[Data to process — start]

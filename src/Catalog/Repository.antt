-- ===== src/Catalog/Repository.antt =====
-- The SQL statements of services/catalog-service/internal/repository/postgres/product_postgres.go, and
-- Create of outbox_postgres.go. A violated key is an error.
use go_ozon_marketplace.Prelude.{ℕ, ◌∷◌, Option, none, some, ◌==◌, if◌then◌else◌}
use go_ozon_marketplace.Prelude.Effect.{
  Error, already_exists, not_found, other, Result, ok, err, Action,
}
use go_ozon_marketplace.Database.{Db, statement, row_or_not_found}
use go_ozon_marketplace.Catalog.{
  Product, OutboxEvent, Tables, find_product, find_by_key, has_event, set_product, remove_product,
}

-- What Create makes of the id that is returned.
abbrev pub created : Product → Result ℕ → Option ℕ × Option Error
created p (err e) = (none, some e)
created p (ok id) = if id == p.id then (some id, none) else (some id, some already_exists)

module _ {Bytes : Type 0} where
  -- The INSERT: the id of the new row, or of the one that has the key.
  abbrev pub add_product :
      Product → Tables Bytes → Option Product → Option Product → Result ℕ × Tables Bytes
  add_product p t (some old) _ = (ok old.id, t)
  add_product p t none (some _) = (err other, t)
  add_product p t none none = (ok p.id, record t { products = p ∷ t.products })

  unfoldable pub insert_product : Product → Action (Db (Tables Bytes)) ℕ
  insert_product p = statement (λ t.
      add_product p t (find_by_key p.idempotency_key t.products) (find_product p.id t.products))

  -- Create: the id, uuid.Nil as `none`, and the error.
  unfoldable pub create :
      Product → Db (Tables Bytes) → (Option ℕ × Option Error) × Db (Tables Bytes)
  create p s = let (r, s') = insert_product p s in (created p r, s')

  -- GetByID
  unfoldable pub get_by_id : ℕ → Action (Db (Tables Bytes)) Product
  get_by_id id = statement (λ t. (row_or_not_found (find_product id t.products), t))

  abbrev pub replace : Product → Tables Bytes → Option Product → Result (Unit {0}) × Tables Bytes
  replace p t none = (err not_found, t)
  replace p t (some _) = (ok tt, record t { products = set_product p t.products })

  -- Update
  unfoldable pub update : Product → Action (Db (Tables Bytes)) (Unit {0})
  update p = statement (λ t. replace p t (find_product p.id t.products))

  abbrev pub remove : ℕ → Tables Bytes → Option Product → Result (Unit {0}) × Tables Bytes
  remove id t none = (err not_found, t)
  remove id t (some _) = (ok tt, record t { products = remove_product id t.products })

  -- Delete
  unfoldable pub delete : ℕ → Action (Db (Tables Bytes)) (Unit {0})
  delete id = statement (λ t. remove id t (find_product id t.products))

  -- OutboxPostgres.Create
  unfoldable pub create_outbox_event : OutboxEvent Bytes → Action (Db (Tables Bytes)) (Unit {0})
  create_outbox_event e = statement (λ t.
      if has_event e.id t.outbox
      then (err other, t)
      else (ok tt, record t { outbox = e ∷ t.outbox }))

[Data to process — finish]

Exercise directions:
Stop after the line containing "-- Create of": print exactly the lines from the start of the entries above up to it, that line included.

Solution to this exercise:
filename src/Catalog/Repository.antt
-- ===== src/Catalog/Repository.antt =====
-- The SQL statements of services/catalog-service/internal/repository/postgres/product_postgres.go, and
-- Create of outbox_postgres.go. A violated key is an error.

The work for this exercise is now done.